Geriatric Emergency Medicine by Sue Mason
Sue Mason gives you her take on Geriatric Emergency Medicine.
Sue’s bread and butter is managing the elderly in the Emergency Department.
It is not a sexy topic and there are few gizmos and gadgets, but it is very important. How big is the problem? Patients over 65 years represent about a quarter of the patients that attend Sue’s Emergency Department.
Moreover, 50% of these patients are admitted.
Attendance and admissions in the elderly age group are both going up. What are we doing about it?
Prehospital care has led the way with significant advances. For example, paramedics have been trained to assess and manage elderly falls. This found a reduction in ED attendance by 25% and decreased admissions by 6%.
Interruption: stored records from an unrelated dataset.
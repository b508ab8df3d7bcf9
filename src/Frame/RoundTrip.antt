-- ===== src/Frame/RoundTrip.antt =====
-- What is written for a frame is read back as that frame.
pub mod HeaderBytes
pub mod Fields
pub mod SettingsList
pub mod Padded
use mh2c_go.Base.{
  ℕ, zero, suc, ◌+◌, ◌-◌, ◌*◌, ◌/◌, ◌%◌, ◌^◌, ◌≤◌, ◌<◌, ◌≡◌, refl, sym, ap, ◌∙◌, arith, Bool, true,
  false, List, [], ◌∷◌, ◌++◌, length, length-append, take, drop, take-append_left, drop-append_left,
  All, Bytes, Result, ok, err, panic, uint24_overflow,
}
use mh2c_go.Frame.{
  Header, Frame, data_frame, headers_frame, priority_frame, rst_stream_frame, settings_frame,
  push_promise_frame, ping_frame, go_away_frame, window_update_frame, continuation_frame, raw_frame,
  type_data, type_headers, type_priority, type_rst_stream, type_settings, type_push_promise,
  type_ping, type_go_away, type_window_update, type_continuation, has_flag, flag_padded,
  flag_priority,
}
use mh2c_go.Frame.Framing.{marshal_header, parse_header, encode, with_length}
use mh2c_go.Frame.Control.{continuation_payload, parse_continuation_frame, raw_frame_from_parts}
use mh2c_go.Frame.Codec.{header, payload, marshal, parse_payload, unmarshal}
use HeaderBytes.{
  header_bytes, marshal_header-header_bytes, marshal_header_overflow, parse_header-header_bytes,
}
use Fields.{
  parse_priority_frame-priority_payload, parse_rst_stream_frame-rst_stream_payload,
  parse_ping_frame-ping_payload, parse_go_away_frame-go_away_payload,
  parse_window_update_frame-window_update_payload,
}
use SettingsList.{IsSetting, parse_settings_frame-settings_payload}
use Padded.{
  PadFits, PriorityFits, parse_data_frame-data_payload, parse_headers_frame-headers_payload,
  parse_push_promise_frame-push_promise_payload,
}

-- The frame type matches, and each field has the width that its encoding has.
abbrev pub BodyFits : Frame → Type 0
BodyFits (data_frame f) =
    (f.frame_header.type ≡ type_data)
    × PadFits (has_flag f.frame_header.flags flag_padded) f.pad_length
BodyFits (headers_frame f) =
    (f.frame_header.type ≡ type_headers)
    × PadFits (has_flag f.frame_header.flags flag_padded) f.pad_length
    × PriorityFits (has_flag f.frame_header.flags flag_priority) f.priority
BodyFits (priority_frame f) = (f.frame_header.type ≡ type_priority) × (f.stream_dep < 2 ^ 31)
BodyFits (rst_stream_frame f) = (f.frame_header.type ≡ type_rst_stream) × (f.error_code < 2 ^ 32)
BodyFits (settings_frame f) = (f.frame_header.type ≡ type_settings) × All IsSetting f.settings
BodyFits (push_promise_frame f) =
    (f.frame_header.type ≡ type_push_promise)
    × PadFits (has_flag f.frame_header.flags flag_padded) f.pad_length
    × (f.promised_stream_id < 2 ^ 31)
BodyFits (ping_frame f) = (f.frame_header.type ≡ type_ping) × (length f.content ≡ 8)
BodyFits (go_away_frame f) =
    (f.frame_header.type ≡ type_go_away) × (f.last_stream_id < 2 ^ 31) × (f.error_code < 2 ^ 32)
BodyFits (window_update_frame f) =
    (f.frame_header.type ≡ type_window_update) × (f.increment < 2 ^ 31)
BodyFits (continuation_frame f) = f.frame_header.type ≡ type_continuation
BodyFits (raw_frame f) = type_continuation < f.frame_header.type

-- A frame that one frame on the wire can carry; its header gives the length of its payload.
pub record IsValid (f : Frame) : Type 0 where
  pub length_is : (header f).length ≡ length (payload f)
  pub short : length (payload f) < 2 ^ 24
  pub stream_id_fits : (header f).stream_id < 2 ^ 31
  pub body : BodyFits f

pub parse_payload-payload :
    (f : Frame)
    → BodyFits f
    → (header f).length ≡ length (payload f)
    → length (payload f) < 2 ^ 24
    → parse_payload (header f) (payload f) ≡ ok f
unfolding parse_payload header payload
parse_payload-payload (data_frame f) (t, h) e s = ground (arith, parse_data_frame-data_payload f h)
parse_payload-payload (headers_frame f) (t, h, k) e s =
    ground (arith, parse_headers_frame-headers_payload f h k)
parse_payload-payload (priority_frame f) (t, h) e s =
    ground (arith, parse_priority_frame-priority_payload f h)
parse_payload-payload (rst_stream_frame f) (t, h) e s =
    ground (arith, parse_rst_stream_frame-rst_stream_payload f h)
parse_payload-payload (settings_frame f) (t, h) e s =
    ground (arith, parse_settings_frame-settings_payload f h)
parse_payload-payload (push_promise_frame f) (t, h, k) e s =
    ground (arith, parse_push_promise_frame-push_promise_payload f h k)
parse_payload-payload (ping_frame f) (t, h) e s = ground (arith, parse_ping_frame-ping_payload f h)
parse_payload-payload (go_away_frame f) (t, h, k) e s =
    ground (arith, parse_go_away_frame-go_away_payload f h k)
parse_payload-payload (window_update_frame f) (t, h) e s =
    ground (arith, parse_window_update_frame-window_update_payload f h)
parse_payload-payload (continuation_frame f) t e s =
    unfold parse_continuation_frame continuation_payload in ground arith
parse_payload-payload (raw_frame f) t e s = unfold raw_frame_from_parts in ground arith

-- `Unmarshal` gives back a valid frame from its header and payload.
pub unmarshal-payload : (f : Frame) → IsValid f → unmarshal (header f) (payload f) ≡ ok f
unfolding unmarshal
unmarshal-payload f v = ground (arith, parse_payload-payload f v.body v.length_is v.short)

encode-header_bytes :
    (h : Header) (p : Bytes)
    → h.length ≡ length p
    → length p < 2 ^ 24
    → encode h p ≡ ok (header_bytes h ++ p)
unfolding encode
encode-header_bytes h p e s =
    let same : with_length h p ≡ h = ground arith in
    rw (same, marshal_header-header_bytes h (omega arith))

-- A valid frame is written as its nine header bytes and its payload.
pub marshal-header_bytes :
    (f : Frame) → IsValid f → marshal f ≡ ok (header_bytes (header f) ++ payload f)
unfolding marshal
marshal-header_bytes (raw_frame f) v =
    rw (marshal_header-header_bytes f.frame_header (omega (arith, v.length_is, v.short)))
marshal-header_bytes (data_frame f) v = encode-header_bytes _ _ v.length_is v.short
marshal-header_bytes (headers_frame f) v = encode-header_bytes _ _ v.length_is v.short
marshal-header_bytes (priority_frame f) v = encode-header_bytes _ _ v.length_is v.short
marshal-header_bytes (rst_stream_frame f) v = encode-header_bytes _ _ v.length_is v.short
marshal-header_bytes (settings_frame f) v = encode-header_bytes _ _ v.length_is v.short
marshal-header_bytes (push_promise_frame f) v = encode-header_bytes _ _ v.length_is v.short
marshal-header_bytes (ping_frame f) v = encode-header_bytes _ _ v.length_is v.short
marshal-header_bytes (go_away_frame f) v = encode-header_bytes _ _ v.length_is v.short
marshal-header_bytes (window_update_frame f) v = encode-header_bytes _ _ v.length_is v.short
marshal-header_bytes (continuation_frame f) v = encode-header_bytes _ _ v.length_is v.short

-- A valid frame, marshalled, is nine bytes and its payload; `ParseHeader` on the nine bytes and
-- `Unmarshal` on the rest give back its header and the frame itself.
pub unmarshal-marshal :
    (f : Frame)
    → IsValid f
    → (raw : Bytes) × (marshal f ≡ ok raw)
      × (length raw ≡ 9 + length (payload f))
      × (parse_header (take 9 raw) ≡ ok (header f))
      × (unmarshal (header f) (drop 9 raw) ≡ ok f)
unmarshal-marshal f v =
    let head = header_bytes (header f) in
    (
      head ++ payload f,
      marshal-header_bytes f v,
      length-append head (payload f),
      ap parse_header (take-append_left 9 head (payload f) refl) ∙ parsed,
      ap (unmarshal (header f)) (drop-append_left 9 head (payload f) refl) ∙ unmarshal-payload f v,
    )
  where
    parsed : parse_header (header_bytes (header f)) ≡ ok (header f)
    parsed =
        parse_header-header_bytes (header f) (omega (arith, v.length_is, v.short))
        ∙ (ground (arith, v.stream_id_fits))

abbrev is_raw : Frame → Bool
is_raw (raw_frame _) = true
is_raw _ = false

-- A frame that is not raw is refused when its payload has 2 ^ 24 bytes or more (and less than 2 ^ 32):
-- `Marshal` returns the overflow with the payload's length, whatever length the header holds.
pub marshal_overflow :
    (f : Frame)
    → is_raw f ≡ false
    → 2 ^ 24 ≤ length (payload f)
    → length (payload f) < 2 ^ 32
    → marshal f ≡ err (uint24_overflow (length (payload f)))
unfolding marshal encode
marshal_overflow (raw_frame f) r big small = cc
marshal_overflow f r big small =
    ground (arith, marshal_header_overflow (with_length (header f) (payload f)))
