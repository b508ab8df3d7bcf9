-- ===== src/Client/Transport.antt =====
-- `SendRaw` and `ReceiveRaw` over a connection that keeps bytes in order.
use mh2c_go.Base.{
  ℕ, zero, suc, ◌+◌, ◌-◌, ◌≤◌, ◌<◌, ◌≡◌, ◌≢◌, refl, sym, ap, ◌∙◌, arith, false, [], ◌∷◌, ◌++◌,
  append-nil, append_assoc, length, length-append, take, drop, length-drop, take-append-drop, leb,
  Option, none, Bytes, Error, ok, slice, slice_in_range,
}
use mh2c_go.Client.Conn.{Conn, write_all, write_step, resume, read_full, read_step}

-- One call of `Write` on some bytes: no error, a positive count of them is sent, in order.
pub record Wrote (C : Conn) (unread sent : C.State → Bytes) (bs : Bytes) (s : C.State)
    : Type 0 where
  pub no_error : (C.write bs s).2 ≡ none
  pub progress : 0 < (C.write bs s).1
  pub within : (C.write bs s).1 ≤ length bs
  pub sends : sent (C.write bs s).0 ≡ sent s ++ take (C.write bs s).1 bs
  pub keeps : unread (C.write bs s).0 ≡ unread s

-- One call of `Read` with room for `n` bytes: no error, and between 1 and `n` of the bytes that wait.
pub record Took (C : Conn) (unread sent : C.State → Bytes) (n : ℕ) (s : C.State) : Type 0 where
  pub no_error : (C.read n s).2 ≡ none
  pub progress : 0 < length (C.read n s).1
  pub within : length (C.read n s).1 ≤ n
  pub takes : unread s ≡ (C.read n s).1 ++ unread (C.read n s).0
  pub keeps : sent (C.read n s).0 ≡ sent s

-- A healthy connection: `unread` is what the peer has sent and nobody has read yet, and `sent` is
-- what has been written. Short writes and short reads are allowed.
pub record InOrder (C : Conn) : Type 0 where
  pub unread : C.State → Bytes
  pub sent : C.State → Bytes
  pub writes : (bs : Bytes) (s : C.State) → bs ≢ [] → Wrote C unread sent bs s
  pub reads : (n : ℕ) (s : C.State) → 0 < n → unread s ≢ [] → Took C unread sent n s

-- Two splits of one sequence: the longer front continues the shorter one.
record Continues (xs ys zs ws : Bytes) : Type 0 where
  between : Bytes
  longer : zs ≡ xs ++ between
  shorter : ys ≡ between ++ ws

append_cut :
    (xs ys zs ws : Bytes) → xs ++ ys ≡ zs ++ ws → length xs ≤ length zs → Continues xs ys zs ws
append_cut [] ys zs ws e h = record { between = zs; longer = refl; shorter = e }
append_cut (x ∷ xs) ys [] ws e h = absurd (omega arith)
append_cut (x ∷ xs) ys (z ∷ zs) ws e h =
    let tails : xs ++ ys ≡ zs ++ ws = cc in
    let heads : x ≡ z = cc in
    let c = append_cut xs ys zs ws tails (omega arith) in
    record { between = c.between; longer = λ i. sym heads i ∷ c.longer i; shorter = c.shorter }

take-length : (xs : Bytes) → take (length xs) xs ≡ xs
take-length [] = refl
take-length (x ∷ xs) = ap (◌∷◌ x) (take-length xs)

slice_from : (n : ℕ) (xs : Bytes) → n ≤ length xs → slice n (length xs) xs ≡ ok (drop n xs)
slice_from n xs h =
    slice_in_range n (length xs) xs h (omega arith)
    ∙ ap ok (ap (λ k. take k (drop n xs)) (sym (length-drop n xs)) ∙ take-length (drop n xs))

module _ (C : Conn) (healthy : InOrder C) where
  open healthy use {unread, sent, writes, reads}

  -- The whole of `bs` is sent, and nothing is read.
  pub record Sent (fuel : ℕ) (bs : Bytes) (s : C.State) : Type 0 where
    pub after : C.State
    pub returns : write_all C fuel bs s ≡ (after, ok tt)
    pub sends : sent after ≡ sent s ++ bs
    pub keeps : unread after ≡ unread s

  write_all_step :
      (fuel : ℕ) (b : ℕ) (bs : Bytes) (s : C.State)
      → write_all C (suc fuel) (b ∷ bs) s
        ≡ write_all C fuel (drop (C.write (b ∷ bs) s).1 (b ∷ bs)) (C.write (b ∷ bs) s).0
  unfolding write_all
  write_all_step fuel b bs s =
      let w = writes (b ∷ bs) s (λ e. cc) in
      let r = C.write (b ∷ bs) s in
      (λ i. write_step C (b ∷ bs) (r.0, r.1, w.no_error i) (write_all C fuel))
      ∙ (λ i. resume C r.0 (slice_from r.1 (b ∷ bs) w.within i) (write_all C fuel))

  -- With as many rounds as bytes, `SendRaw` on a healthy connection ends and sends every byte.
  pub write_all_sends : (fuel : ℕ) (bs : Bytes) (s : C.State) → length bs ≤ fuel → Sent fuel bs s
  write_all_sends fuel [] s h = record {
    after = s;
    returns = nothing fuel;
    sends = sym (append-nil (sent s));
    keeps = refl;
  }
    where
      nothing : (n : ℕ) → write_all C n [] s ≡ (s, ok tt)
      nothing zero = unfold write_all in refl
      nothing (suc n) = unfold write_all in refl
  write_all_sends zero (b ∷ bs) s h = absurd (omega arith)
  write_all_sends (suc fuel) (b ∷ bs) s h =
      let w = writes (b ∷ bs) s (λ e. cc) in
      let n = (C.write (b ∷ bs) s).1 in
      let left = drop n (b ∷ bs) in
      let m =
        write_all_sends fuel left (C.write (b ∷ bs) s).0
          (omega (arith, length-drop n (b ∷ bs), w.progress, w.within)) in
      record {
        after = m.after;
        returns = write_all_step fuel b bs s ∙ m.returns;
        sends =
            m.sends
            ∙ ap (λ t. t ++ left) w.sends
            ∙ append_assoc (sent s) (take n (b ∷ bs)) left
            ∙ ap (λ t. sent s ++ t) (take-append-drop n (b ∷ bs));
        keeps = m.keeps ∙ w.keeps;
      }

  -- `want` bytes are read in all, and the rest waits.
  pub record Received (fuel want : ℕ) (got next rest : Bytes) (s : C.State) : Type 0 where
    pub after : C.State
    pub returns : read_full C fuel want got s ≡ (after, ok (got ++ next))
    pub leaves : unread after ≡ rest
    pub keeps : sent after ≡ sent s

  read_full_done :
      (fuel : ℕ) (got : Bytes) (s : C.State) → read_full C fuel (length got) got s ≡ (s, ok got)
  unfolding read_full
  read_full_done zero got s = ground arith
  read_full_done (suc fuel) got s = ground arith

  read_full_step :
      (fuel want : ℕ) (got : Bytes) (s : C.State)
      → length got < want
      → (C.read (want - length got) s).2 ≡ none
      → read_full C (suc fuel) want got s
        ≡ read_full C fuel want
            (got ++ (C.read (want - length got) s).1)
            (C.read (want - length got) s).0
  unfolding read_full
  read_full_step fuel want got s h e =
      rw more (λ i. read_step C want got (r.0, r.1, e i) (read_full C fuel want))
    where
      more : leb want (length got) ≡ false
      more = ground arith

      r : C.State × Bytes × Option Error
      r = C.read (want - length got) s

  -- With as many rounds as bytes, `ReceiveRaw` on a healthy connection ends with exactly the bytes
  -- that it was asked for, and leaves what follows them.
  pub read_full_fills :
      (fuel want : ℕ) (got next rest : Bytes) (s : C.State)
      → want ≡ length got + length next
      → unread s ≡ next ++ rest
      → length next ≤ fuel
      → Received fuel want got next rest s
  read_full_fills fuel want got [] rest s w u h = record {
    after = s;
    returns =
        (let full : want ≡ length got = omega arith in rw full (read_full_done fuel got s))
        ∙ ap (λ t. (s, ok t)) (sym (append-nil got));
    leaves = u;
    keeps = refl;
  }
  read_full_fills zero want got (x ∷ next) rest s w u h = absurd (omega arith)
  read_full_fills (suc fuel) want got (x ∷ next) rest s w u h =
      let room = want - length got in
      let t = reads room s (omega arith) (λ e. cc) in
      let chunk = (C.read room s).1 in
      let c =
        append_cut chunk (unread (C.read room s).0) (x ∷ next) rest (sym t.takes ∙ u)
          (omega (arith, t.within)) in
      let m =
        read_full_fills fuel want (got ++ chunk) c.between rest (C.read room s).0
          (omega (
            arith,
            length-append got chunk,
            ap (length {0}) c.longer,
            length-append chunk c.between,
          ))
          c.shorter
          (omega (arith, ap (length {0}) c.longer, length-append chunk c.between, t.progress)) in
      record {
        after = m.after;
        returns =
            read_full_step fuel want got s (omega arith) t.no_error
            ∙ m.returns
            ∙ ap (λ z. (m.after, ok z))
                (append_assoc got chunk c.between ∙ ap (λ z. got ++ z) (sym c.longer));
        leaves = m.leaves;
        keeps = m.keeps ∙ t.keeps;
      }
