-- ===== src/Client/Delivery.antt =====
-- `SendFrame` and `ReceiveFrame` over a healthy connection, and their error paths.
use mh2c_go.Base.{
  ℕ, ◌+◌, ◌^◌, ◌≤◌, ◌<◌, ◌≡◌, refl, ◌∙◌, arith, [], ◌++◌, length, length-append, none, some, Bytes,
  Result, Error, ok, err, connection_nil,
}
use mh2c_go.Base.State.{M}
use mh2c_go.Frame.{Header, Frame}
use mh2c_go.Frame.Framing.{parse_header}
use mh2c_go.Frame.Codec.{header, payload, unmarshal}
use mh2c_go.Frame.RoundTrip.{IsValid, unmarshal-payload, marshal-header_bytes}
use mh2c_go.Frame.RoundTrip.HeaderBytes.{header_bytes, parse_header-header_bytes}
use mh2c_go.Hpack.{Library}
use mh2c_go.Client.Conn.{Conn, write_all, read_full}
use mh2c_go.Client.Transport.{InOrder, write_all_sends, read_full_fills}
use mh2c_go.Client.Core.{
  Client, send_raw, receive_raw, send_frame, receive_frame, apply_frame, apply_sent_frame,
  track_sent_frame, track_received_frame, on_conn,
}

module _ {X : Library} {C : Conn} (healthy : InOrder C) where
  open healthy use {unread, sent}

  abbrev connected : Client X C → C.State → Client X C
  connected c s = record c { conn = some s }

  -- `on_conn` on a client that has a connection.
  on_conn-some :
      {A : Type 0} (m : M C.State A) (c : Client X C) (s s' : C.State) (r : Result A)
      → c.conn ≡ some s
      → m s ≡ (s', r)
      → on_conn m c ≡ (connected c s', r)
  on_conn-some m c s s' r has runs = rw has (rw runs)

  pub send_raw_sends :
      (fuel : ℕ) (bs : Bytes) (c : Client X C) (s : C.State)
      → c.conn ≡ some s
      → length bs ≤ fuel
      → (s' : C.State) × (send_raw fuel bs c ≡ (connected c s', ok tt))
        × (sent s' ≡ sent s ++ bs)
        × (unread s' ≡ unread s)
  unfolding send_raw
  send_raw_sends fuel bs c s has enough =
      let m = write_all_sends C healthy fuel bs s enough in
      (
        m.after,
        on_conn-some (write_all C fuel bs) c s m.after (ok tt) has m.returns,
        m.sends,
        m.keeps,
      )

  receive_raw_fills :
      (fuel n : ℕ) (bs rest : Bytes) (c : Client X C) (s : C.State)
      → c.conn ≡ some s
      → n ≡ length bs
      → unread s ≡ bs ++ rest
      → length bs ≤ fuel
      → (s' : C.State) × (receive_raw fuel n c ≡ (connected c s', ok bs))
        × (unread s' ≡ rest)
        × (sent s' ≡ sent s)
  unfolding receive_raw
  receive_raw_fills fuel n bs rest c s has size waits enough =
      let m = read_full_fills C healthy fuel n [] bs rest s (omega arith) waits enough in
      (
        m.after,
        on_conn-some (read_full C fuel n []) c s m.after (ok bs) has m.returns,
        m.leaves,
        m.keeps,
      )

  -- `SendFrame` of a valid frame writes exactly its bytes, and then applies its settings and tracks it.
  pub send_frame_sends :
      (fuel : ℕ) (f : Frame) (c : Client X C) (s : C.State)
      → IsValid f
      → c.conn ≡ some s
      → 9 + length (payload f) ≤ fuel
      → (s' : C.State) × (send_frame fuel f c
          ≡ track_sent_frame f (apply_sent_frame f (record c { conn = some s' })))
        × (sent s' ≡ sent s ++ (header_bytes (header f) ++ payload f))
        × (unread s' ≡ unread s)
  unfolding send_frame
  send_frame_sends fuel f c s v has enough =
      let bs = header_bytes (header f) ++ payload f in
      let (s', runs, sends, keeps) =
        send_raw_sends fuel bs c s has
          (omega (arith, length-append (header_bytes (header f)) (payload f))) in
      (s', rw (marshal-header_bytes f v) (rw runs), sends, keeps)

  -- `ReceiveFrame`, when the bytes of a valid frame wait, takes exactly those and returns that frame's
  -- event, after its settings are applied.
  pub receive_frame_delivers :
      (fuel : ℕ) (f : Frame) (rest : Bytes) (c : Client X C) (s : C.State)
      → IsValid f
      → c.conn ≡ some s
      → unread s ≡ header_bytes (header f) ++ (payload f ++ rest)
      → 9 + length (payload f) ≤ fuel
      → (s' : C.State) × (receive_frame fuel c
          ≡ track_received_frame f (apply_frame f (record c { conn = some s' })))
        × (unread s' ≡ rest)
        × (sent s' ≡ sent s)
  unfolding receive_frame
  receive_frame_delivers fuel f rest c s v has waits enough =
      let (s₁, head_read, left, quiet) =
        receive_raw_fills fuel 9 (header_bytes (header f)) (payload f ++ rest) c s has refl waits
          (omega arith) in
      let (s', payload_read, left', quiet') =
        receive_raw_fills fuel (header f).length (payload f) rest (connected c s₁) s₁ refl
          v.length_is left (omega arith) in
      (
        s',
        rw head_read (rw parsed (rw payload_read (rw (unmarshal-payload f v)))),
        left',
        quiet' ∙ quiet,
      )
    where
      parsed : parse_header (header_bytes (header f)) ≡ ok (header f)
      parsed =
          parse_header-header_bytes (header f) (omega (arith, v.length_is, v.short))
          ∙ (ground (arith, v.stream_id_fits))

  -- `ReceiveFrame`, when a frame waits that `Unmarshal` refuses, returns that error: it has taken the
  -- whole frame, so that the next one is read at its start, and changed nothing but the connection.
  pub receive_frame_malformed :
      (fuel : ℕ) (h : Header) (p rest : Bytes) (why : Error) (c : Client X C) (s : C.State)
      → h.length ≡ length p
      → length p < 2 ^ 24
      → h.stream_id < 2 ^ 31
      → unmarshal h p ≡ err why
      → c.conn ≡ some s
      → unread s ≡ header_bytes h ++ (p ++ rest)
      → 9 + length p ≤ fuel
      → (s' : C.State) × (receive_frame fuel c ≡ (record c { conn = some s' }, err why))
        × (unread s' ≡ rest)
        × (sent s' ≡ sent s)
  unfolding receive_frame
  receive_frame_malformed fuel h p rest why c s size short fits refused has waits enough =
      let (s₁, head_read, left, quiet) =
        receive_raw_fills fuel 9 (header_bytes h) (p ++ rest) c s has refl waits (omega arith) in
      let (s', payload_read, left', quiet') =
        receive_raw_fills fuel h.length p rest (connected c s₁) s₁ refl size left (omega arith) in
      (s', rw head_read (rw parsed (rw payload_read (rw refused))), left', quiet' ∙ quiet)
    where
      parsed : parse_header (header_bytes h) ≡ ok h
      parsed = parse_header-header_bytes h (omega arith) ∙ ground arith

-- Without a connection nothing is sent or received: the client is unchanged, and the error says so.
without_connection :
    {X : Library} {C : Conn} (fuel : ℕ) (f : Frame) (c : Client X C)
    → IsValid f
    → c.conn ≡ none
    → (send_frame fuel f c ≡ (c, err connection_nil))
      × (receive_frame fuel c ≡ (c, err connection_nil))
unfolding send_frame receive_frame send_raw receive_raw
without_connection fuel f c v has = (rw (marshal-header_bytes f v) (rw has), rw has)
Approaching the management of the elderly with a multidisciplinary team has proved to be effective in a ward setting. However, this needs to be replicated in the Emergency Department. Within the ED there is potential for the inclusion of a pharmacist to improve admission rates. However, there has not been any other “in department” interventions involving a broader team.
How can we do it better? Should we be training emergency physicians in Geriatric Medicine? Should there be sub-specialists in Geriatric Emergency Medicine?
She also explores other strategies. Simple things such as not putting elderly patients on beds/trolleys unless clinically indicated and ensuring they have fluids on board.
Overriding all decisions should be the question – does this patient need this investigation, treatment, and admission.